DIRECTIONS FOR THIS TASK ::
From the entries below, reproduce exactly the line containing "abbrev pub valid_account_capacity : ℕ → Bool", the line containing "abbrev pub seed_account", and every line in between, with nothing added.

── SOURCE DATA ──

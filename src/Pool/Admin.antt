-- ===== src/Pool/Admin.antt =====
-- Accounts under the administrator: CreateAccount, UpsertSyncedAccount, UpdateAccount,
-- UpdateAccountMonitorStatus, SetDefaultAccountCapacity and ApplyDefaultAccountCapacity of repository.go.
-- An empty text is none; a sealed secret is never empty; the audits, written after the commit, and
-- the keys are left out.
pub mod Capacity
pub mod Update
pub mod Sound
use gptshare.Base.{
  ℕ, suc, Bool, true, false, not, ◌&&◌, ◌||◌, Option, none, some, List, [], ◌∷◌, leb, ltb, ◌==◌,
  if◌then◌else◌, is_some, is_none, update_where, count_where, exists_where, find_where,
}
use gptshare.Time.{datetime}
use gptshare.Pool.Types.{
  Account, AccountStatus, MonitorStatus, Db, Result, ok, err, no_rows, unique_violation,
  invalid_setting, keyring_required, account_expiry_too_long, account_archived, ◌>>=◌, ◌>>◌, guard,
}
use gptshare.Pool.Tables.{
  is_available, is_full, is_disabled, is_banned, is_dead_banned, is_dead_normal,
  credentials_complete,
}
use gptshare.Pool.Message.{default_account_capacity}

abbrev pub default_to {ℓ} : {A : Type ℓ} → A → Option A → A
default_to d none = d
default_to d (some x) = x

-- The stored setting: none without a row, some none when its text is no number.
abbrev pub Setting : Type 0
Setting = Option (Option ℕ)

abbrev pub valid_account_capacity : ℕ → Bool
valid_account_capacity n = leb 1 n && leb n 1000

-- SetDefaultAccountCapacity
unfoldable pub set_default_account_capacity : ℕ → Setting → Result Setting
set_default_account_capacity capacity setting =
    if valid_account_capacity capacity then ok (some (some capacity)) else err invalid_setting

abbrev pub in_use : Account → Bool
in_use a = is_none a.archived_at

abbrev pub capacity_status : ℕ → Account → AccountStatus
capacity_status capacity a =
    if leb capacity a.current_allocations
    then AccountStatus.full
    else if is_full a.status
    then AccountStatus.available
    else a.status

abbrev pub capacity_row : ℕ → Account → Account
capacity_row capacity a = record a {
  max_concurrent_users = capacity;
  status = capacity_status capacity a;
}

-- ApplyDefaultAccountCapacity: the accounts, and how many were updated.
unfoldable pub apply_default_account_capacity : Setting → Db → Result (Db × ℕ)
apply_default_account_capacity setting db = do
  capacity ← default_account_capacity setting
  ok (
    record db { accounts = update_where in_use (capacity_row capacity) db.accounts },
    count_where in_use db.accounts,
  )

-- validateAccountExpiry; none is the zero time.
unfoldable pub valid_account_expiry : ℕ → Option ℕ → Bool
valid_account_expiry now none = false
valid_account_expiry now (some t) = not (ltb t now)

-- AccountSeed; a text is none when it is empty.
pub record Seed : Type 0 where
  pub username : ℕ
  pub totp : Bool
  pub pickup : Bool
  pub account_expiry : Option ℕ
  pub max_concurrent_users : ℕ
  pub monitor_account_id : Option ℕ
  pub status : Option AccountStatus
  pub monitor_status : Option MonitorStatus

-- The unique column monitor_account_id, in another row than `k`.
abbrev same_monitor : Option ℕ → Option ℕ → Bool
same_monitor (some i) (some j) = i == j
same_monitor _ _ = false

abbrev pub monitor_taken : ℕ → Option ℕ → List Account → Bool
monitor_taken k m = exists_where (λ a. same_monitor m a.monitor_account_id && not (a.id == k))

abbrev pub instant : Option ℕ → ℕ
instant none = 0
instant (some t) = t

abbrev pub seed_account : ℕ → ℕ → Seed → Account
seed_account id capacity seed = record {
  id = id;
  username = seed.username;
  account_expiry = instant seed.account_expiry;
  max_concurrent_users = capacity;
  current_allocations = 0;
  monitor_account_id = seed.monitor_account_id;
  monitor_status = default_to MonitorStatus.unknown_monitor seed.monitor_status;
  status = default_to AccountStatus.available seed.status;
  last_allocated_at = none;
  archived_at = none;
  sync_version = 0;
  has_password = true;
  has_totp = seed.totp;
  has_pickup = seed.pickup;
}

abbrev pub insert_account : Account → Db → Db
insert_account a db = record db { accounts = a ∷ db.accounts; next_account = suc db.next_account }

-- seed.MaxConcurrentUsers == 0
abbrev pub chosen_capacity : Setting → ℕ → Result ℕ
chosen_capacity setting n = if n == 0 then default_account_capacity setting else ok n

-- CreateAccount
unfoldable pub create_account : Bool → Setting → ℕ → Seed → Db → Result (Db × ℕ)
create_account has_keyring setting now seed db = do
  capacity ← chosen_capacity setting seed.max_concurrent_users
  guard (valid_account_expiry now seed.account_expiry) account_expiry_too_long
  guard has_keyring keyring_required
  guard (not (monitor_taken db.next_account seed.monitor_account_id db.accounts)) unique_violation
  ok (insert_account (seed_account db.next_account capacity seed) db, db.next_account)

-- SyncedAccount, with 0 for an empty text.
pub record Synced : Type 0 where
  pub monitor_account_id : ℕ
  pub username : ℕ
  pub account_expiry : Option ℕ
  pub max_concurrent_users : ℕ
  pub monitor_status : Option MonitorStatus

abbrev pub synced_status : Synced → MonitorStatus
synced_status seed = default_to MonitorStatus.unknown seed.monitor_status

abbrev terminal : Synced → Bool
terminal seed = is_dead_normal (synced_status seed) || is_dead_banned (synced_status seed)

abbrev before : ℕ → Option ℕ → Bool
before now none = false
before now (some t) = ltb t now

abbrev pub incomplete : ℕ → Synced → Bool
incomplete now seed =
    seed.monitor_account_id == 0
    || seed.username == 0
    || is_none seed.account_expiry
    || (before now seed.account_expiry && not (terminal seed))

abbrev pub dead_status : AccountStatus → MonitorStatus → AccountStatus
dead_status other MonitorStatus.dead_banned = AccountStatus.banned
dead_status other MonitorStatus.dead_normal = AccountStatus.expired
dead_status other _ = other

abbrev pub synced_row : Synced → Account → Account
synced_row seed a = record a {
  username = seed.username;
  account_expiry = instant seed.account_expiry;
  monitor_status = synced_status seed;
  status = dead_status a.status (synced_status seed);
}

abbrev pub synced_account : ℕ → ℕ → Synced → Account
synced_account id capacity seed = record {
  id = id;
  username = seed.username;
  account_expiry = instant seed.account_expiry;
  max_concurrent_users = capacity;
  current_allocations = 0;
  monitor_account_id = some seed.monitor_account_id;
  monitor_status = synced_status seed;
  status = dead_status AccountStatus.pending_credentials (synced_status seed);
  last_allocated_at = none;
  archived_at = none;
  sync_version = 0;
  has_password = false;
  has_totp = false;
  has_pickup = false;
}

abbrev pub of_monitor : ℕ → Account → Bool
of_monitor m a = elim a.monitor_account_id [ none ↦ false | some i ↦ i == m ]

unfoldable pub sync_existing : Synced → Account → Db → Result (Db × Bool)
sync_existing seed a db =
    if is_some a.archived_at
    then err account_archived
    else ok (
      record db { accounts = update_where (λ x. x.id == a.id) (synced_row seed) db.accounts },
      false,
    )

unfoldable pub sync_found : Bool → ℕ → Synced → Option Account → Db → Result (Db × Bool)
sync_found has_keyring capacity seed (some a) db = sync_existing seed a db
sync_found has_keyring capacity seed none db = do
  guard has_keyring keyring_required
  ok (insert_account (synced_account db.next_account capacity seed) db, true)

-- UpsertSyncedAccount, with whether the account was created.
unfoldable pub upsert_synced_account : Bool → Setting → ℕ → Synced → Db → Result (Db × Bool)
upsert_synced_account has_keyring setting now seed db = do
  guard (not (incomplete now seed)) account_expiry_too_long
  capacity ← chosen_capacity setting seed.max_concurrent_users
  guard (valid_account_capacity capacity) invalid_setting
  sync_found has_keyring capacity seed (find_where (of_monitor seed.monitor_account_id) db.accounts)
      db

───

ANSWER BOX ::
abbrev pub valid_account_capacity : ℕ → Bool
valid_account_capacity n = leb 1 n && leb n 1000

-- SetDefaultAccountCapacity
unfoldable pub set_default_account_capacity : ℕ → Setting → Result Setting
set_default_account_capacity capacity setting =
    if valid_account_capacity capacity then ok (some (some capacity)) else err invalid_setting

abbrev pub in_use : Account → Bool
in_use a = is_none a.archived_at

abbrev pub capacity_status : ℕ → Account → AccountStatus
capacity_status capacity a =
    if leb capacity a.current_allocations
    then AccountStatus.full
    else if is_full a.status
    then AccountStatus.available
    else a.status

abbrev pub capacity_row : ℕ → Account → Account
capacity_row capacity a = record a {
  max_concurrent_users = capacity;
  status = capacity_status capacity a;
}

-- ApplyDefaultAccountCapacity: the accounts, and how many were updated.
unfoldable pub apply_default_account_capacity : Setting → Db → Result (Db × ℕ)
apply_default_account_capacity setting db = do
  capacity ← default_account_capacity setting
  ok (
    record db { accounts = update_where in_use (capacity_row capacity) db.accounts },
    count_where in_use db.accounts,
  )

-- validateAccountExpiry; none is the zero time.
unfoldable pub valid_account_expiry : ℕ → Option ℕ → Bool
valid_account_expiry now none = false
valid_account_expiry now (some t) = not (ltb t now)

-- AccountSeed; a text is none when it is empty.
pub record Seed : Type 0 where
  pub username : ℕ
  pub totp : Bool
  pub pickup : Bool
  pub account_expiry : Option ℕ
  pub max_concurrent_users : ℕ
  pub monitor_account_id : Option ℕ
  pub status : Option AccountStatus
  pub monitor_status : Option MonitorStatus

-- The unique column monitor_account_id, in another row than `k`.
abbrev same_monitor : Option ℕ → Option ℕ → Bool
same_monitor (some i) (some j) = i == j
same_monitor _ _ = false

abbrev pub monitor_taken : ℕ → Option ℕ → List Account → Bool
monitor_taken k m = exists_where (λ a. same_monitor m a.monitor_account_id && not (a.id == k))

abbrev pub instant : Option ℕ → ℕ
instant none = 0
instant (some t) = t

abbrev pub seed_account : ℕ → ℕ → Seed → Account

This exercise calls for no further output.